### Exercise brief
Please copy every line from the records below that contains the string "Outcome".

Top of Extracted material

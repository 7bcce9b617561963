-- ===== src/Batch/Runs.antt =====
-- What holds of a batch after any sequence of calls.
use poly_zq_trading.Prelude.{
  ℕ, ◌*◌, ◌≤◌, ◌≡◌, sym, List, [], ◌∷◌, Bool, true, any, arith, Bool-cases, inl, inr, ◌||◌,
}
use poly_zq_trading.Prelude.Int.{ℤ}
use poly_zq_trading.Domain.Enums.{BatchState, idle, zq_submitted, zq_partial, recovery}
use poly_zq_trading.Domain.Calendar.{MeetingCalendar}
use poly_zq_trading.Analytics.Units.{one_share}
use poly_zq_trading.Analytics.Sizing.{round_shares_up}
use poly_zq_trading.Analytics.Sizing.Laws.{round_shares_up-zero}
use poly_zq_trading.Batch.Types.{
  TokenCode, HedgeObligation, Reason, execution, Transition, Machine, Result, same_state,
}
use poly_zq_trading.Batch.Machine.{
  is_allowed, ratio_of, add_obligations, transition, record_zq_execution,
}
use poly_zq_trading.Batch.Hedges.{IsValid, due_total}
use poly_zq_trading.Batch.Executions.{
  Outcome, refused, repeated, filled, record_zq_execution-Outcome, record_zq_execution-IsValid,
}
use poly_zq_trading.Batch.Graph.{has_exposure}
use poly_zq_trading.Batch.History.{Command, move, fill, obey, run, new_machine}

-- A history, latest entry first, that leads from one state to another by allowed transitions.
pub data Trace (start : BatchState) : BatchState → List Transition → Type 0 where
  start_here : Trace start start []
  step :
      {s : BatchState} {h : List Transition}
      → Trace start s h
      → (t : BatchState) (r : Reason) → is_allowed s t ≡ true
      → Trace start t ((record { previous = s; next = t; reason = r }) ∷ h)

transition-IsValid :
    (next : BatchState) (r : Reason) (m : Machine) → IsValid m → IsValid (transition next r m).1
unfolding transition
transition-IsValid next r m v = elim (Bool-cases (is_allowed m.state next)) [
  | inl legal ↦ rw legal (record { within = v.within; due = v.due; known = v.known })
  | inr illegal ↦ rw illegal v
]

transition-Trace :
    (s next : BatchState) (r : Reason) (m : Machine)
    → Trace s m.state m.transition_history
    → let m' = (transition next r m).1 in Trace s m'.state m'.transition_history
unfolding transition
transition-Trace s next r m v = elim (Bool-cases (is_allowed m.state next)) [
  | inl legal ↦ rw legal (step v next r legal)
  | inr illegal ↦ rw illegal v
]

submitted_state :
    (s : BatchState) → same_state s zq_submitted ≡ true → is_allowed s zq_partial ≡ true
unfolding is_allowed
submitted_state s h = ground arith

fill-Trace :
    (s : BatchState) (exec_id : ℕ) (delta : ℤ) (m : Machine)
    → Trace s m.state m.transition_history
    → let m' = (record_zq_execution exec_id delta m).1 in Trace s m'.state m'.transition_history
unfolding add_obligations
fill-Trace s exec_id delta m v =
    keep (record_zq_execution exec_id delta m) (record_zq_execution-Outcome exec_id delta m)
  where
    keep :
        (r : Result (List HedgeObligation) × Machine)
        → Outcome exec_id delta m r
        → Trace s r.1.state r.1.transition_history
    keep r (refused _) = v
    keep r (repeated _) = v
    keep r (filled _ _) = elim (Bool-cases (same_state m.state zq_submitted)) [
      | inl is_submitted ↦
          rw is_submitted
            (step v zq_partial (execution exec_id) (submitted_state m.state is_submitted))
      | inr other ↦ rw other v
    ]

run-IsValid : (cs : List Command) (m : Machine) → IsValid m → IsValid (run cs m)
unfolding run obey
run-IsValid [] m v = v
run-IsValid (move next r ∷ cs) m v = run-IsValid cs _ (transition-IsValid next r m v)
run-IsValid (fill exec_id delta ∷ cs) m v =
    run-IsValid cs _ (record_zq_execution-IsValid exec_id delta m v)

run-Trace :
    (s : BatchState) (cs : List Command) (m : Machine)
    → Trace s m.state m.transition_history
    → Trace s (run cs m).state (run cs m).transition_history
unfolding run obey
run-Trace s [] m v = v
run-Trace s (move next r ∷ cs) m v = run-Trace s cs _ (transition-Trace s next r m v)
run-Trace s (fill exec_id delta ∷ cs) m v = run-Trace s cs _ (fill-Trace s exec_id delta m v)

-- Every entry of the history follows the table.
pub run_new-Trace :
    (cs : List Command) (calendar : MeetingCalendar) (effr : ℤ) (batch_id quantity : ℕ)
    → let m = run cs (new_machine calendar effr batch_id quantity) in
      Trace idle m.state m.transition_history
run_new-Trace cs calendar effr batch_id quantity =
    run-Trace idle cs (new_machine calendar effr batch_id quantity)
      (unfold new_machine in start_here)

pub new_machine-IsValid :
    (calendar : MeetingCalendar) (effr : ℤ) (batch_id quantity : ℕ)
    → IsValid (new_machine calendar effr batch_id quantity)
unfolding new_machine
new_machine-IsValid calendar effr batch_id quantity = record {
  within = omega arith;
  due = λ token. sym (round_shares_up-zero _);
  known = tt;
}

-- After any calls, refused ones included, the fills stay within the order, and each leg is due
-- the hedge of the whole filled quantity, rounded up once.
pub run_hedges_fills :
    (cs : List Command) (calendar : MeetingCalendar) (effr : ℤ) (batch_id quantity : ℕ)
    (token : TokenCode)
    → let m = run cs (new_machine calendar effr batch_id quantity) in
      (m.filled_quantity ≤ m.original_quantity * one_share)
      × (due_total token m.obligations ≡ round_shares_up (ratio_of token m * m.filled_quantity))
run_hedges_fills cs calendar effr batch_id quantity token =
    let v = run-IsValid cs _ (new_machine-IsValid calendar effr batch_id quantity) in
    (v.within, v.due token)

abbrev pub entered : BatchState → List Transition → Bool
entered s = any (λ t. same_state t.next s)

-- A state with exposure is entered from one, or by a submission or a recovery.
exposure_step :
    (s t : BatchState)
    → is_allowed s t ≡ true
    → has_exposure t ≡ true
    → (same_state t zq_submitted || (same_state t recovery || has_exposure s)) ≡ true
unfolding is_allowed
exposure_step s t legal e = ground arith

Trace-exposure :
    {s : BatchState} {h : List Transition}
    → Trace idle s h
    → has_exposure s ≡ true
    → (entered zq_submitted h || entered recovery h) ≡ true
Trace-exposure start_here e = cc
Trace-exposure (step {s} {h} tr t r legal) e =
    merge (same_state t zq_submitted) (same_state t recovery) (has_exposure s)
      (entered zq_submitted h) (entered recovery h) (exposure_step s t legal e) (Trace-exposure tr)
  where
    merge :
        (submitted recovered exposed by_order by_recovery : Bool)
        → (submitted || (recovered || exposed)) ≡ true
        → (exposed ≡ true → (by_order || by_recovery) ≡ true)
        → ((submitted || by_order) || (recovered || by_recovery)) ≡ true
    merge submitted recovered exposed by_order by_recovery now before = ground arith

-- A batch is in a state with exposure (any but idle, qualified and halted) only if its history
-- shows a submission of the ZQ order or a recovery.
pub exposure_needs_entry :
    (cs : List Command) (calendar : MeetingCalendar) (effr : ℤ) (batch_id quantity : ℕ)
    → has_exposure (run cs (new_machine calendar effr batch_id quantity)).state ≡ true
    → let h = (run cs (new_machine calendar effr batch_id quantity)).transition_history in
      (entered zq_submitted h || entered recovery h) ≡ true
exposure_needs_entry cs calendar effr batch_id quantity e =
    Trace-exposure (run_new-Trace cs calendar effr batch_id quantity) e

Bottom of Extracted material

### Exercise output
  Outcome, refused, repeated, filled, record_zq_execution-Outcome, record_zq_execution-IsValid,
    keep (record_zq_execution exec_id delta m) (record_zq_execution-Outcome exec_id delta m)
        → Outcome exec_id delta m r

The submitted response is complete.